А потом на долину обрушивается рев урагана — будто стадо бежит через плантации и заросли, — и я слышу ужасающе близкий шум моря. Мы стоим остолбенев на веранде, и к горлу подкатывает тошнота, потому что я понимаю: ураган еще не кончился. Мы были в самом центре циклона, где всегда спокойно и тихо. А теперь я слышу, как с моря, с юга, грозной поступью разъяренного зверя, крушащего все на своем пути, надвигается ветер.
На этот раз нет никакой стены дождя — только ветер. Я вижу, как заволновались вдали деревья, как клубами дыма несутся по небу тучи — черные как сажа, с фиолетовым отливом. Небо — это самое страшное. Оно стремительно меняется, то раскрываясь, то смыкаясь вновь, и мне кажется, что я куда-то качусь, падаю.
«Быстрее, дети, быстрее!» — это Мам наконец обрела дар речи. Голос ее охрип. Но ей удается разрушить чары, оторвать нас от гипнотического зрелища — гибели небес. Она тащит нас, толкает внутрь дома, в столовую с закрытыми ставнями, закрывает на крючки двери. Дом погружен в сумрак. Мы словно в трюме корабля — слушаем приближение ветра. Несмотря на жару и духоту, я дрожу от холода, от страха. Мам замечает это и идет в спальню за одеялом. Пока она ходит, ветер лавиной налетает на дом. Лора прижимается ко мне, и мы слушаем, как стонут доски. Сломанные ветки бьются в стены, камни колотят в ставни и двери.
Сквозь щели в ставнях мы видим, как меркнет в одно мгновение дневной свет, и я понимаю, что землю снова накрыли тучи. Затем с неба обрушивается вода, хлещет по стенам веранды, затекает под дверь, в окна, растекается по полу вокруг нас темными кровавыми ручьями. Лора смотрит, как вода обступает нас, течет вокруг большого стола и стульев. Возвращается Мам, ее взгляд так пугает меня, что я хватаю у нее из рук одеяло и пытаюсь заткнуть им щель под дверью, но вода сразу пропитывает его и снова течет внутрь. Снаружи оглушительно воет ветер, зловеще потрескивают балки, гремят сорванные с крыши листы жести. Дождь заливает чердак, и я думаю о наших газетах, о книгах, обо всем, что мы так любим и чему суждено погибнуть. Разнеся в прах слуховые окна, ветер с воем гуляет по чердаку, крушит мебель. С ужасающим грохотом он вырывает с корнем дерево, и то, врезавшись в южный фасад дома, вспарывает его, как брюхо. Мы слышим треск рухнувшей веранды. И в тот самый миг, как огромная ветвь пробивает одно из окон, Мам увлекает нас прочь из столовой.

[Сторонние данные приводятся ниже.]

-- ===== src/Auth/Sessions/Revocation.antt =====
-- `revokeSession` of src/auth/authentication.repository.ts ends a session.
use public_parks.Prelude.{
  ℕ, String, ◌≡◌, refl, ap, ◌∙◌, subst, inl, inr, true, false, ◌&&◌, some, arith, str_eq, eq_iff,
  Bool-cases, any, All, All-of,
}
use public_parks.Errors.{authentication_failed}
use public_parks.Database.{err, find?-All, All-update_where}
use public_parks.Auth.Tables.{AuthStore, Fresh, is_active_token, is_active_session}
use public_parks.Auth.Digests.{SecretHash, hash_token}
use public_parks.Auth.Sessions.{
  of_session, revoked_token, TokenRow, token_row, rotate_refresh_token, revoke_session,
}
use public_parks.Auth.Sessions.Rotation.{token_row-token, token_row-session, rotate-spent}

-- No token of the session is active.
abbrev pub IsEnded : String → AuthStore → Type 0
IsEnded session_id s =
    All (λ t. of_session session_id t ≡ true → is_active_token t.refresh_token_status ≡ false)
      s.refresh_tokens

revoke_session-IsEnded :
    (session_id actor_user_id : String) (now : ℕ) (s s' : AuthStore)
    → revoke_session session_id actor_user_id now s ≡ (true, s')
    → IsEnded session_id s'
unfolding revoke_session
revoke_session-IsEnded session_id actor_user_id now s s' done =
    elim (Bool-cases (
      any
        (λ r.
          str_eq r.id session_id
          && (str_eq r.user_id actor_user_id && is_active_session r.session_status))
        s.sessions)) [
          | inr nobody ↦ absurd (cc (rw nobody at done))
          | inl mine ↦ subst (IsEnded session_id) (ap (λ out. out.1) (rw mine at done)) (
              All-update_where
                (λ t.
                  of_session session_id t ≡ true → is_active_token t.refresh_token_status ≡ false)
                (λ t. of_session session_id t && is_active_token t.refresh_token_status)
                revoked_token s.refresh_tokens (All-of _ (λ t. ground arith) s.refresh_tokens))
        ]

-- After a call of `revokeSession` that returns true, no refresh token of the session can be
-- rotated, at any time.
pub revoke_session-ends :
    (h : SecretHash) (fresh : Fresh) (session_id actor_user_id token : String) (now : ℕ)
    (s s' : AuthStore) (row : TokenRow)
    → revoke_session session_id actor_user_id now s ≡ (true, s')
    → token_row h token s' ≡ some row
    → row.session.id ≡ session_id
    → (rotate_refresh_token h fresh token s').0 ≡ err authentication_failed
revoke_session-ends h fresh session_id actor_user_id token now s s' row done found same =
    let ended = revoke_session-IsEnded session_id actor_user_id now s s' done in
    let status =
      find?-All
        (λ t. of_session session_id t ≡ true → is_active_token t.refresh_token_status ≡ false)
        (λ t. str_eq t.token_hash (hash_token h token)) s'.refresh_tokens {r = row.token} ended
        (token_row-token h token s' row found)
        ((eq_iff _ _).1 (token_row-session h token s' row found ∙ same)) in
    rw (rotate-spent h fresh token s' row found (rw status refl)) refl
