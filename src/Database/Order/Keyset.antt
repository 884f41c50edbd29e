-- ===== src/Database/Order/Keyset.antt =====
-- The laws of ordered tables: a condition commutes with `ORDER BY`, and a keyset condition keeps
-- exactly the rows after the one that it names.
use public_parks.Prelude.{
  ◌≡◌, refl, sym, ◌∙◌, inl, inr, Bool, true, false, ◌&&◌, List, [], ◌∷◌, ◌++◌, if◌then◌else◌,
  Bool-cases, All, All-map,
}
use public_parks.Database.Order.{filter, insert, order_by, Sorted, Apart, AllApart, Pairwise}

module _ {R : Type 0} where
  pub All-filter {κ} :
      (P : R → Type κ) (p : R → Bool) (rs : List R) → All P rs → All P (filter p rs)
  All-filter P p [] a = tt
  All-filter P p (r ∷ rs) a = elim (Bool-cases (p r)) [
    | inl kept ↦ rw kept (a.0, All-filter P p rs a.1)
    | inr left ↦ rw left (All-filter P p rs a.1)
  ]

  pub filter_kept : (p : R → Bool) (rs : List R) → All (λ r. p r ≡ true) rs → filter p rs ≡ rs
  filter_kept p [] a = refl
  filter_kept p (r ∷ rs) a = rw (a.0, filter_kept p rs a.1)

  pub filter-and :
      (p q : R → Bool) (rs : List R) → filter (λ r. p r && q r) rs ≡ filter q (filter p rs)
  filter-and p q [] = refl
  filter-and p q (r ∷ rs) = elim (Bool-cases (p r)) [
    | inl kept ↦ elim (Bool-cases (q r)) [
      | inl also ↦ rw (kept, also, filter-and p q rs)
      | inr not_also ↦ rw (kept, not_also, filter-and p q rs)
    ]
    | inr left ↦ rw (left, filter-and p q rs)
  ]

  pub filter_agree :
      (p q : R → Bool) (rs : List R) → All (λ r. p r ≡ q r) rs → filter p rs ≡ filter q rs
  filter_agree p q [] a = refl
  filter_agree p q (r ∷ rs) a = rw (a.0, filter_agree p q rs a.1)

  pub Pairwise-filter {κ} :
      (Q : R → R → Type κ) (p : R → Bool) (rs : List R) → Pairwise Q rs → Pairwise Q (filter p rs)
  Pairwise-filter Q p [] a = tt
  Pairwise-filter Q p (r ∷ rs) a = elim (Bool-cases (p r)) [
    | inl kept ↦ rw kept (All-filter (λ y. Q r y) p rs a.0, Pairwise-filter Q p rs a.1)
    | inr left ↦ rw left (Pairwise-filter Q p rs a.1)
  ]

  pub All-last {κ} :
      (P : R → Type κ) (xs : List R) (l : R) (ys : List R) → All P (xs ++ l ∷ ys) → P l
  All-last P [] l ys a = a.0
  All-last P (x ∷ xs) l ys a = All-last P xs l ys a.1

  module _ (before : R → R → Bool) (irreflexive : (a : R) → before a a ≡ false)
      (transitive : (a b c : R) → before a b ≡ true → before b c ≡ true → before a c ≡ true) where
    All-insert {κ} :
        (P : R → Type κ) (x : R) (xs : List R) → P x → All P xs → All P (insert before x xs)
    All-insert P x [] px a = (px, tt)
    All-insert P x (y ∷ ys) px a = elim (Bool-cases (before x y)) [
      | inl first ↦ rw first (px, a)
      | inr later ↦ rw later (a.0, All-insert P x ys px a.1)
    ]

    pub All-order_by {κ} : (P : R → Type κ) (xs : List R) → All P xs → All P (order_by before xs)
    All-order_by P [] a = tt
    All-order_by P (x ∷ xs) a = All-insert P x (order_by before xs) a.0 (All-order_by P xs a.1)

    later_rows :
        (x y : R) (ys : List R)
        → before x y ≡ true
        → All (λ z. before y z ≡ true) ys
        → All (λ z. before x z ≡ true) (y ∷ ys)
    later_rows x y ys h a = (
      h,
      All-map (λ z. before y z ≡ true) (λ z. before x z ≡ true) (λ z k. transitive x y z h k) ys a,
    )

    insert-Sorted :
        (x : R) (xs : List R)
        → All (λ y. Apart before x y) xs
        → Sorted before xs
        → Sorted before (insert before x xs)
    insert-Sorted x [] a s = (tt, tt)
    insert-Sorted x (y ∷ ys) a s = elim (Bool-cases (before x y)) [
      | inl first ↦ rw first (later_rows x y ys first s.0, s)
      | inr later ↦ elim a.0 [
        | inl first ↦ absurd (cc (first, later))
        | inr back ↦
            rw later (All-insert (λ z. before y z ≡ true) x ys back s.0, insert-Sorted x ys a.1 s.1)
      ]
    ]

    pub order_by-Sorted : (xs : List R) → AllApart before xs → Sorted before (order_by before xs)
    order_by-Sorted [] a = tt
    order_by-Sorted (x ∷ xs) a =
        insert-Sorted x (order_by before xs) (All-order_by (λ y. Apart before x y) xs a.0)
          (order_by-Sorted xs a.1)

    insert-first :
        (x : R) (xs : List R) → All (λ y. before x y ≡ true) xs → insert before x xs ≡ x ∷ xs
    insert-first x [] a = refl
    insert-first x (y ∷ ys) a = rw a.0

    filter-insert :
        (p : R → Bool) (x : R) (xs : List R)
        → Sorted before xs
        → filter p (insert before x xs)
          ≡ (if p x then insert before x (filter p xs) else filter p xs)
    filter-insert p x [] s = refl
    filter-insert p x (y ∷ ys) s = elim (Bool-cases (before x y)) [
      | inl first ↦ elim (Bool-cases (p x)) [
        | inl kept ↦
            rw (first, kept)
              (sym (
                insert-first x (filter p (y ∷ ys))
                  (All-filter (λ z. before x z ≡ true) p (y ∷ ys) (later_rows x y ys first s.0))))
        | inr left ↦ rw (first, left)
      ]
      | inr later ↦ elim (Bool-cases (p y)) [
        | inl kept ↦ elim (Bool-cases (p x)) [
          | inl also ↦ rw (later, kept, filter-insert p x ys s.1, also, later)
          | inr not_also ↦ rw (later, kept, filter-insert p x ys s.1, not_also)
        ]
        | inr left ↦ rw (later, left, filter-insert p x ys s.1)
      ]
    ]

    -- A condition commutes with `ORDER BY`.
    pub filter-order_by :
        (p : R → Bool) (xs : List R)
        → AllApart before xs
        → filter p (order_by before xs) ≡ order_by before (filter p xs)
    filter-order_by p [] a = refl
    filter-order_by p (x ∷ xs) a =
        filter-insert p x (order_by before xs) (order_by-Sorted xs a.1) ∙ (elim (Bool-cases (p x)) [
          | inl kept ↦ rw (kept, filter-order_by p xs a.1)
          | inr left ↦ rw (left, filter-order_by p xs a.1)
        ])

    asymmetric : (a b : R) → before a b ≡ true → before b a ≡ false
    asymmetric a b h = elim (Bool-cases (before b a)) [
      | inl back ↦ absurd (cc (transitive a b a h back, irreflexive a))
      | inr fine ↦ fine
    ]

    -- Of a sorted table, a keyset condition keeps the rows that follow the named one.
    pub filter-after :
        (xs : List R) (l : R) (ys : List R)
        → Sorted before (xs ++ l ∷ ys)
        → filter (before l) (xs ++ l ∷ ys) ≡ ys
    filter-after [] l ys s = rw (irreflexive l, filter_kept (before l) ys s.0)
    filter-after (x ∷ xs) l ys s =
        rw (asymmetric x l (All-last (λ y. before x y ≡ true) xs l ys s.0))
          (filter-after xs l ys s.1)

Разъяренным невидимым зверем ветер врывается сквозь пролом, и на какой-то миг мне кажется, что само небо ринулось на наш дом, чтобы раздавить его. Я слышу грохот опрокинутой мебели, звон разбитых стекол. Мам тащит нас, не знаю как, на другую сторону дома. Мы укрываемся в отцовском кабинете и сидим, прижавшись к стене, на которой висят карты острова Родригес и звездного неба. Ставни закрыты, но ветер разбил стекла и вода заливает паркет, письменный стол, книги и бумаги отца. Лора неловко пробует сложить какие-то бумаги, но у нее ничего не получается, и она снова садится на пол. Сквозь щели в ставнях видно небо, такое темное, что кажется, будто настала ночь. Ветер вихрем кружит вокруг дома, бьется о горную преграду. И этот бесконечный треск ломающихся деревьев вокруг!
«Помолимся», — говорит Мам. Она закрывает лицо ладонями. У Лоры лицо бледное-бледное. Она не мигая смотрит в сторону окна, а я пытаюсь думать об архангеле Гаврииле. Я всегда думаю о нем, когда мне страшно. Он большой, весь окутан светом, в руке у него меч. Разве он мог обречь нас на гибель, бросить одних, на растерзание морю и небу? Свет продолжает угасать. Ветер хрипит, воет, и я чувствую, как дрожат стены нашего дома. От веранды отлетают целые куски, с крыши сорвана вся жесть. В окна, словно комья травы, бьются обломанные ветви. Мам прижимает нас к себе. Она тоже больше не молится, только смотрит страшными, остановившимися глазами, а мы вздрагиваем при каждом завывании ветра. Я ни о чем не думаю, я не могу вымолвить ни слова. Но даже если бы я захотел сказать что-нибудь, Мам и Лора все равно не услышали бы меня в этом грохоте: словно земля разрывается до самой своей сердцевины, словно на нас медленно, но неуклонно низвергается огромная волна.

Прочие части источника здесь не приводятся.